Their most preferred prey is moths. Unusual for jumping spider, S. spinimanus builds large sheet webs on tree trunks to capture them.

==Etymology==
The specific name spinimanus is derived from Latin spina (spine) and manus (hand), referring to the distinctive spination on the legs that characterizes this species.

==Taxonomy==
Spartaeus spinimanus was originally described by Tamerlan Thorell in 1878 as Boethus spinimanus based on a juvenile specimen from Amboina. The species has a complex taxonomic history, with several related forms initially described as separate species. In 1984, Fred Wanless comprehensively reviewed the genus and synonymized several species with S. spinimanus, transferring it from the genus Boethus to Spartaeus.

The species serves as the type species for the genus Spartaeus.

==Distribution==
S. spinimanus has been recorded from Sri Lanka, Singapore, Malaysia (Sarawak, Borneo), and Indonesia (Sumatra, Java, Ambon).

==Description==
Spartaeus spinimanus is a medium-sized jumping spider with notable sexual dimorphism in size and coloration.

===Male===
Males have a total body length of 4.2–5.8 mm, with the carapace measuring 2.0–2.5 mm in length. The carapace is light brown with blackish mottling on the sides and a central tapering yellow-brown band on the thoracic region. The body is clothed in recumbent brown and whitish hairs that appear shiny under certain lighting conditions.

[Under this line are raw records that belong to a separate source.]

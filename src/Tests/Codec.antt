-- ===== src/Tests/Codec.antt =====
-- The binary protocol at concrete inputs.
use Prim.Native.String
use can_bridge_daemon.Prelude.{
  ℕ, zero, suc, ◌%◌, ◌≡◌, ◌≢◌, ◌≤◌, refl, ap, false, String, none, some, List, [], ◌∷◌, ◌++◌,
  length, take, ok, err, eq_iff, arith,
}
use can_bridge_daemon.Text.{as_bytes, from_utf8}
use can_bridge_daemon.BinaryMessage.Types.{
  ClientBinaryRequest, DaemonBinaryResponse, to_u16, from_u16, utf8, got_daemon_msg_type,
}
use can_bridge_daemon.BinaryMessage.Wire.{put_u16, put_string, put_strings, get_u64}
use can_bridge_daemon.BinaryMessage.Client.{encode_client_payload, decode_client_payload}
use can_bridge_daemon.BinaryMessage.Daemon.{encode_daemon_payload}
use can_bridge_daemon.BinaryMessage.Packet.{
  header_len, decode_packet, encode_client, encode_daemon, decode_client_from, decode_daemon_from,
}
use can_bridge_daemon.BinaryMessage.Packet.RoundTrip.{
  decode_client_from-encode_client, decode_daemon_from-encode_daemon, decode_client_from_incomplete,
  decode_client_from-append, decode_client_from_bounds, decode_client_from-encode_daemon,
}
use can_bridge_daemon.BinaryMessage.Packet.Lossy.{
  decode_client_from-subscribe, decode_client_from_cut,
}

abbrev request : ClientBinaryRequest
request = ClientBinaryRequest.send_frame "can0" 0x123 false false false (1 ∷ 2 ∷ [])

abbrev response : DaemonBinaryResponse
response = DaemonBinaryResponse.send_ack false (some "no such iface")

abbrev ping_bytes : List ℕ
ping_bytes =
    67 ∷ 66 ∷ 68 ∷ 49 ∷ 102 ∷ 0 ∷ 0 ∷ 0 ∷ 8 ∷ 0 ∷ 0 ∷ 0 ∷ 7 ∷ 1 ∷ 0 ∷ 0 ∷ 0 ∷ 0 ∷ 0 ∷ 0 ∷ []

ping_encoded : encode_client (ClientBinaryRequest.ping 263) ≡ ping_bytes
unfolding encode_client to_u16
ping_encoded = refl

ping_decoded :
    decode_client_from (ping_bytes ++ (99 ∷ [])) ≡ ok (some (ClientBinaryRequest.ping 263, 20))
unfolding decode_client_from decode_packet from_u16 decode_client_payload get_u64
ping_decoded = refl

euro : from_utf8 (0xE2 ∷ 0x82 ∷ 0xAC ∷ []) ≡ some "€"
unfolding from_utf8
euro = refl

overlong : from_utf8 (0xC0 ∷ 0x80 ∷ []) ≡ none
unfolding from_utf8
overlong = refl

surrogate : from_utf8 (0xED ∷ 0xA0 ∷ 0x80 ∷ []) ≡ none
unfolding from_utf8
surrogate = refl

decode_client_from-encode_client_example :
    decode_client_from (encode_client request ++ (9 ∷ []))
    ≡ ok (some (request, length (encode_client request)))
unfolding as_bytes encode_client_payload put_string put_u16
decode_client_from-encode_client_example =
    decode_client_from-encode_client request (9 ∷ []) (omega arith) (omega arith)

ack_text : ◌≢◌ {A = String} "no such iface" ""
ack_text = ground (arith, eq_iff "no such iface" "")

decode_daemon_from-encode_daemon_example :
    decode_daemon_from (encode_daemon response ++ [])
    ≡ ok (some (response, length (encode_daemon response)))
unfolding as_bytes encode_daemon_payload put_string
decode_daemon_from-encode_daemon_example =
    decode_daemon_from-encode_daemon response [] (omega arith, ack_text) (omega arith)

decode_client_from_incomplete_example : decode_client_from (take 19 ping_bytes) ≡ ok none
unfolding encode_client_payload encode_client to_u16
decode_client_from_incomplete_example =
    decode_client_from_incomplete (ClientBinaryRequest.ping 263) (take 19 ping_bytes) [] 0
      (omega arith) refl

decode_client_from-append_example :
    decode_client_from ((ping_bytes ++ (99 ∷ [])) ++ (5 ∷ []))
    ≡ ok (some (ClientBinaryRequest.ping 263, 20))
decode_client_from-append_example =
    decode_client_from-append (ping_bytes ++ (99 ∷ [])) (5 ∷ []) ping_decoded (λ e. cc)

decode_client_from_bounds_example : (header_len ≤ 20) × (20 ≤ 21)
decode_client_from_bounds_example =
    decode_client_from_bounds (ping_bytes ++ (99 ∷ [])) (ClientBinaryRequest.ping 263) 20
      ping_decoded

decode_client_from-encode_daemon_example :
    decode_client_from (encode_daemon response ++ [])
    ≡ err (got_daemon_msg_type (encode_daemon_payload response).0)
unfolding as_bytes encode_daemon_payload put_string
decode_client_from-encode_daemon_example =
    decode_client_from-encode_daemon response [] (omega arith)

decode_client_from-subscribe_example :
    decode_client_from (encode_client (ClientBinaryRequest.subscribe ("can0" ∷ [])) ++ [])
    ≡ ok (
        some (
          ClientBinaryRequest.subscribe (take (1 % 65536) ("can0" ∷ [])),
          length (encode_client (ClientBinaryRequest.subscribe ("can0" ∷ []))),
        ))
unfolding as_bytes encode_client_payload put_strings put_string put_u16
decode_client_from-subscribe_example =
    decode_client_from-subscribe ("can0" ∷ []) [] (omega arith) (omega arith)

-- A text of `n` letters, kept shut.
letters : ℕ → String
letters zero = String.[]
letters (suc n) = String.◌∷◌ "a" (letters n)

length-letters : (n : ℕ) → length (as_bytes (letters n)) ≡ n
unfolding letters as_bytes
length-letters zero = refl
length-letters (suc n) = ap suc (length-letters n)

decode_client_from_cut_example :
    decode_client_from (
      encode_client
        (ClientBinaryRequest.client_hello (String.◌++◌ (letters 65534) (String.◌∷◌ "é" "")) "v1")
      ++ [])
    ≡ err utf8
decode_client_from_cut_example =
    decode_client_from_cut (letters 65534) "" "v1" "é" [] (length-letters 65534) (omega arith)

The eyes are surrounded by black borders and fringed with whitish hairs. The clypeus is thinly clothed in light brown and whitish hairs. The chelicerae are yellow-brown with sooty markings and scattered fine brown hairs.

The abdomen is yellow-brown with blackish lateral mottling, covered in fine recumbent pale brown and iridescent lanceolate hairs with testaceous patches on the underside. The legs are long and slender with numerous spines, particularly prominent on the first pair of legs. The first pair of legs features distinctive yellow coloration with black lateral stripes.

===Female===
Females are larger than males, with a total body length of 5.4–6.3 mm and carapace length of 2.38–2.5 mm. They share similar coloration patterns to males but with more clearly defined markings. The chelicerae are more robust than in males, being orange-brown with sooty markings and more substantial teeth arrangement.

The abdomen in females is pale yellow clothed in creamy white hairs with sooty markings above and blackish mottling on the sides. The legs and spines are more robust than in males, with the first pair of legs being pale yellow with sooty metatarsi.

===Distinguishing features===
S. spinimanus can be distinguished from the closely related S. thailandica by the presence of median epigynal guides in females. The species is easily recognized by its distinctive leg spination pattern and characteristic coloration.

==Habitat==
Specimens have been collected from various habitats including houses and buildings, suggesting the species is somewhat synanthropic.